Agitation — The real risk, quantified

  • Missed deadlines: EU CASP partners started enforcing Travel Rule info and unhosted-wallet checks in late 2024. If you don’t interop with their messaging or can’t verify counterparties, transfers queue or get rejected. That kills liquidity events and partner launches. (eba.europa.eu)
  • Cost blowouts: verifying a Groth16 proof on EVM still costs ≈207,700 + 7,160 × l gas (l = public inputs). Four-pairing templates waste ~34k gas each call; calldata increases after EIP‑7623 also matter for data-heavy flows. Without design choices, you spend real money every gate. (hackmd.io)
  • Regulatory asymmetry: Even as many jurisdictions lag on enforcement, those that moved (EU, parts of APAC/NA) already check for Travel Rule compliance and AML/CFT controls. Being “partially compliant” risks delistings, blocked banking rails, or forced geofencing at the worst moment. (21analytics.co)
  • Procurement landmines: You’ll be asked about revocation (credential status), data minimization, and independent attestation. If you can’t prove “who issued, what was attested, and whether it’s still valid” on-chain or via a verifiable credential, you’ll lose the enterprise wallet share you were targeting. (w3.org)

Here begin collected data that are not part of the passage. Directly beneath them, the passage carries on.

-- ===== src/StringProcessor/Life.antt =====
-- The life of the module: string_processor_init and string_processor_exit of exercise10/part03/rw.c,
-- with init_sysfs_handler and sysfs_handler_cleanup of sysfs_handler.c. What the module holds of the
-- kernel's memory and names.
use embedded_basecamp.Prelude.{ℕ, Option, none, some, Bool, true, false, if◌then◌else◌}
use embedded_basecamp.Prelude.Int.{ℤ, pos, negsuc}
use embedded_basecamp.Prelude.Partial.{◌>>=◌}
use embedded_basecamp.StringProcessor.Convert.{enomem, init_converter_module}

-- What is allocated or registered.
pub record Held : Type 0 where
  pub buffer_in : Bool
  pub buffer_out : Bool
  pub processing : Bool
  pub proc_dir : Bool
  pub proc_file : Bool
  pub class : Bool
  pub class_file : Bool
  pub callback : Bool

abbrev pub nothing : Held
nothing = record {
  buffer_in = false;
  buffer_out = false;
  processing = false;
  proc_dir = false;
  proc_file = false;
  class = false;
  class_file = false;
  callback = false;
}

-- What the kernel answers: whether an allocation or a creation succeeds; `block` is the first byte of
-- the third allocation.
pub record Answers : Type 0 where
  pub kmalloc_in : Bool
  pub kmalloc_out : Bool
  pub proc_mkdir : Bool
  pub proc_create : Bool
  pub block : Option ℕ
  pub class_create : Bool
  pub class_create_file : Bool

-- -EFAULT
abbrev pub efault : ℤ
efault = negsuc 13

unfoldable pub remove_procfs_entries : Held → Held
remove_procfs_entries h = record h { proc_file = false; proc_dir = false }

unfoldable pub deinit_converter_module : Held → Held
deinit_converter_module h = record h { processing = false }

-- class_remove_file and class_destroy; both do nothing on a class that is NULL.
unfoldable pub sysfs_handler_cleanup : Held → Held
sysfs_handler_cleanup h = record h { class_file = false; class = false }

-- The registered file needs the class: class_create_file on an error pointer is a fault.
unfoldable pub init_sysfs_handler : Answers → Held → Option Held
init_sysfs_handler a h =
    if a.class_create
    then some (record h { class = true; class_file = a.class_create_file })
    else none

-- The calls of cleanup_buffer, remove_procfs_entries, deinit_converter_module and
-- sysfs_handler_cleanup, on the error path and in string_processor_exit.
unfoldable pub string_processor_exit : Held → Held
string_processor_exit h =
    let h1 = remove_procfs_entries h in
    let h2 = record h1 { buffer_in = false; buffer_out = false } in
    sysfs_handler_cleanup (deinit_converter_module h2)

-- The part behind the error tests; nobody looks at what init_converter_module returns.
unfoldable pub start : Answers → Held → Option Held
start a h = do
  err ← init_converter_module a.block
  h' ← init_sysfs_handler a (record h { processing = true })
  some (record h' { callback = true })

unfoldable pub string_processor_init : Answers → Held → Option (ℤ × Held)
string_processor_init a h =
    let h1 = record h { buffer_in = true } in
    let h2 = record h1 { buffer_out = true } in
    let h3 = record h2 { proc_dir = true } in
    let h4 = record h3 { proc_file = true } in
    if a.kmalloc_in
    then (if a.kmalloc_out
        then (if a.proc_mkdir
            then (if a.proc_create
                then (start a h4 >>= λ h5. some (pos 0, h5))
                else some (efault, string_processor_exit h3))
            else some (efault, string_processor_exit h2))
        else some (enomem, string_processor_exit h1))
    else some (enomem, string_processor_exit h)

Solution — 7Block’s technical but pragmatic methodology We deliver a ZK-native, attestations-first identity stack that meets regulator and procurement expectations while protecting user privacy—and we make it cheap to run at scale. We implement in 90-day sprints via our end-to-end Web3 development services and DeFi-focused smart contract development, backed by security-first delivery and auditability.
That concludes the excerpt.